12話 体育館へ

 シェアハウスから出発してから数分後。


 俺たちは黙島を電動キックボードで移動し、無事に体育館に到着した。

 俺たちの先頭を飛んでここまで道案内をしていたドローンは、どこか遠くに去っていった。

 おそらく他の人の監視をしに行ったのか、あるいは操縦者の元に戻っていったのか。

 体育館からシェアハウスまでの道のりは歩きだったし、莉子たちと一緒にどの家に住むか決めるか周囲を見渡しながら歩いていたので、そこそこ時間がかかった。

 しかし今回は電動キックボードによって大幅に移動時間が短縮された。

 これは時計などでしっかりと計らなくても、正常な感覚を持っているものならだれでも感じれるだろう。

 それほどすぐに到着したのだ。

 また、サイレダイスのが操作していたであろうドローンの案内によって、道に迷うことなく最短ルートで体育館までこれたので、それの恩恵もあるはず。


 俺たちは体育館に入るために電動キックボードを停めようとする。

 いくら快適な生活とはいえ、室内にそのまま乗っていくのはあり得ないだろう。

 なので俺たちは体育館の外側にあるであろう駐輪場、あるいは駐車場を探してみた。


「……あれ、電動キックボードは用意されてるけど、停める場所は無いのかな?」


 蓮はキョロキョロと周囲を見渡していく。


「でも他の人は適当に停めてるっぽい」


 おそらく他の参加者たちがここまで来るのに乗ってきた電動キックボードが体育館の脇の土場に停めてある。

 変わってる点といえば、俺たちの乗っているものと色が違っていた。

 色が違うので、どこの家の住人が乗っているか分かるようになっている。

 なのでどれが自分が乗って来た物かが分かるし、万が一他の参加者に乗られてしまったら、どこに住んでいる人が乗っていったのかも分かる。


 俺たちも体育館脇でウロチョロとさまよい続けているわけにもいかないので、他の参加者たちにならってなにも無い土俵にそのまま放置していった。


 陽菜は不安そうな表情で訴える。


「え、ほんとうにここに置いてっていいのかな」


 芽依は不思議そうに陽菜を見つめる。


「駐車違反で取り締まる人が居ないんだから、適当に置いとけばいいでしょ。なにビビってんの、ぶっ殺すよ」


 莉子も不安をにじませた顔で呟く。


「確かに不安ですよね。

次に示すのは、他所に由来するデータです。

-- ===== src/Attestor/Clients.antt =====
-- internal/queue, internal/sumsubapi, internal/verifier and internal/provenance: what each client asks
-- over HTTP and how it reads the answer. encoding/json and net/http's reading of a URL are parameters.
use compliance_gateway.Common.{
  ℕ, Bool, Option, none, some, List, [], ◌∷◌, ◌++◌, ◌==◌, Result, ok, err, ◌>>=◌, ◌>>◌, or_err,
  require, map_err,
}
use compliance_gateway.Text.{Text, TextMap, codes, itoa, hex_encode}
use compliance_gateway.Attestor.{
  Runtime, WorldIdProof, VerificationRequest, Applicant, WorldIdAnswer, GoPlusResponse,
}
use compliance_gateway.Attestor.Http.{Request, Response, Doer}

-- `wireRequest`
pub record WireRequest : Type 0 where
  pub gate : Text
  pub wallet : Text
  pub level : ℕ
  pub world_id : Option WorldIdProof

-- `worldIDVerifyResponse`, as far as it decides.
pub record WorldIdResult : Type 0 where
  pub success : Bool

-- The program's types in encoding/json, and what net/http and go-ethereum read.
pub record Codec : Type 0 where
  pub can_request : Text → Bool  -- http.NewRequestWithContext
  pub queue : Text → Option (List WireRequest)  -- `wireResponse`, its items
  pub applicant : Text → Option Applicant
  pub world_id_request : WorldIdProof → Text → Option Text
  pub world_id_result : Text → Option WorldIdResult
  pub go_plus : Text → Option GoPlusResponse
  pub hex_to_address : Text → ℕ

pub record Services : Type 0 where
  pub relay_url : Text
  pub sumsub_url : Text
  pub world_id_url : Text
  pub world_id_app_id : Text
  pub go_plus_url : Text

pub data ClientErr : Type 0 where
  no_request not_sent unexpected_status not_decoded not_encoded : ClientErr

abbrev status_ok : ℕ
status_ok = 200

abbrev pub header : Text → Text → Text × List Text
header name value = (name, value ∷ [])

-- `Do` of the client.
unfoldable pub send : Doer → Request → Result ClientErr Response
send client q = map_err (λ _. not_sent) (client q)

module _ (codec : Codec) (client : Doer) where
  -- http.NewRequestWithContext, and the client's Do.
  unfoldable pub ask : Request → Result ClientErr Response
  unfolding send
  ask q = require (codec.can_request q.url) no_request >> send client q

  unfoldable pub queue_request : Text → Text → ℕ → Request
  queue_request base_url token minute = record {
    method = codes "GET";
    url = base_url ++ (codes "/api/relay/queue?minute=" ++ itoa minute);
    headers = header (codes "Authorization") (codes "Bearer " ++ token) ∷ [];
    body = [];
  }

  unfoldable pub request_of : WireRequest → VerificationRequest
  request_of w = record {
    gate = codec.hex_to_address w.gate;
    wallet = codec.hex_to_address w.wallet;
    level = w.level;
    world_id = w.world_id;
  }

  unfoldable pub requests_of : List WireRequest → List VerificationRequest
  unfolding request_of
  requests_of [] = []
  requests_of (w ∷ ws) = request_of w ∷ requests_of ws

  -- `PendingQueueClient.Pending`
  unfoldable pub pending : Text → Text → ℕ → Result ClientErr (List VerificationRequest)
  unfolding ask queue_request requests_of
  pending base_url token minute = do
    r ← ask (queue_request base_url token minute)
    require (r.status == status_ok) unexpected_status
    ws ← or_err not_decoded (codec.queue r.body)
    ok (requests_of ws)

  abbrev content_type : Text → TextMap (List Text)
  content_type [] = []
  content_type (c ∷ body) = header (codes "Content-Type") (codes "application/json") ∷ []

  -- The request that `Client.Do` signs: the time, the method, the path and the body.
  unfoldable pub sumsub_request :
      (Text → Text → Text) → Text → Text → Text → ℕ → Text → Text → Text → Request
  sumsub_request hmac base_url app_token secret_key now method path body = record {
    method = method;
    url = base_url ++ path;
    headers =
        header (codes "X-App-Token") app_token
        ∷ header (codes "X-App-Access-Sig")
            (hex_encode (hmac secret_key (itoa now ++ (method ++ (path ++ body)))))
        ∷ header (codes "X-App-Access-Ts") (itoa now)
        ∷ content_type body;
    body = body;
  }

  -- `Client.DoJSONOK`
  unfoldable pub do_json_ok :
      (Text → Text → Text) → Text → Text → Text → ℕ → Text → Text → Text → Result ClientErr Response
  unfolding ask sumsub_request
  do_json_ok hmac base_url app_token secret_key now method path body = do
    r ← ask (sumsub_request hmac base_url app_token secret_key now method path body)
    require (r.status == status_ok) unexpected_status
    ok r

  unfoldable pub applicant_path : Text → Text
  applicant_path uid = codes "/resources/applicants/-;externalUserId=" ++ (uid ++ codes "/one")

  -- How `SumsubProvider.Verify` gets the applicant.
  unfoldable pub applicant :
      (Text → Text → Text) → Text → ℕ → Text → Text → Text → Result ClientErr Applicant
  unfolding do_json_ok applicant_path
  applicant hmac base_url now app_token secret_key uid = do
    r ← do_json_ok hmac base_url app_token secret_key now (codes "GET") (applicant_path uid) []
    or_err not_decoded (codec.applicant r.body)

  unfoldable pub world_id_call : Services → Text → Request
  world_id_call s payload = record {
    method = codes "POST";
    url = s.world_id_url ++ (codes "/api/v2/verify/" ++ s.world_id_app_id);
    headers = header (codes "Content-Type") (codes "application/json") ∷ [];
    body = payload;
  }

  -- How `WorldIDProvider.Verify` gets the answer about a proof for a wallet.
  unfoldable pub world_id_answer : Services → WorldIdProof → Text → Result ClientErr WorldIdAnswer
  unfolding ask world_id_call
  world_id_answer s proof wallet = do
    payload ← or_err not_encoded (codec.world_id_request proof wallet)
    r ← ask (world_id_call s payload)
    result ← or_err not_decoded (codec.world_id_result r.body)
    ok (record { status = r.status; success = result.success })

  unfoldable pub go_plus_request : Text → Text → Request
  go_plus_request base_url wallet = record {
    method = codes "GET";
    url = base_url ++ (codes "/api/v1/address_security/" ++ (wallet ++ codes "?chain_id=1"));
    headers = [];
    body = [];
  }

  -- How `GoPlusScreener.Score` gets its answer, once the request is made.
  unfoldable pub address_security : Text → Text → Result ClientErr GoPlusResponse
  unfolding send go_plus_request
  address_security base_url wallet = do
    r ← send client (go_plus_request base_url wallet)
    or_err not_decoded (codec.go_plus r.body)

-- A client's answer without the reason why there is none.
abbrev pub answered {ℓ} : {A : Type ℓ} → Result ClientErr A → Option A
answered (ok a) = some a
answered (err e) = none

-- The runtime of the workflow with the clients in it, over one HTTP client.
unfoldable pub with_clients : Codec → Services → Doer → Runtime → Runtime
unfolding pending applicant world_id_answer address_security go_plus_request
with_clients codec s client rt = record rt {
  pending = λ token minute. answered (pending codec client s.relay_url token minute);
  applicant = λ app_token secret_key uid.
      answered (applicant codec client rt.hmac s.sumsub_url rt.now app_token secret_key uid);
  verify_world_id =
      λ proof wallet. answered (world_id_answer codec client s proof (rt.address_hex wallet));
  can_request = λ wallet.
      codec.can_request (go_plus_request codec client s.go_plus_url (rt.address_hex wallet)).url;
  address_security =
      λ wallet. answered (address_security codec client s.go_plus_url (rt.address_hex wallet));
}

警察は黙島に居ないかもしれませんけど、サイレダイスに何か言われないかは気になります」


 蓮は頭を抱えながらうろたえる。


「嫌だよ! オレ駐車違反で連れていかれるのは嫌だからね!」


 俺だってそんなことで終わるのは嫌だ。

 しかし本当に何か問題があるのならどこかで説明があっていいはず。

 俺はサイレダイスを、そして他の参加者たちの行動を信じてみんなをなだめた。


「サイレダイスからはそんなに細かく説明されていないでしょ。だから安心してここに停めていこう」

「そうだけど、万が一のことを考えると」


 奏太は冷静な表情で言葉を続ける。


「電動キックボードで体育館に移動するのを推奨していたのに、駐車についての説明なしで違反になるのは道理に反します。だから僕はこのままここに停めても大丈夫だと思いますよ。もちろん絶対ではないですけど」


 莉子もうなずいて賛成した。


「そうですよね。私も奏太さんの意見に賛成です」


 俺も二人の意見に乗ってみんなをなだめていく。


「ほら、二人もそういってるから、みんな安心して停めましょう」


 蓮はどこか不安が完全になくなっていない顔を見せ続けるけど、渋々電動キックボードから離れていった。


「くっ、頼みます。サイレダイスさん、見逃してください」


 そして体育館の壁に設置された監視カメラに向かって、懇願するように両手を顎の近くで握っていく。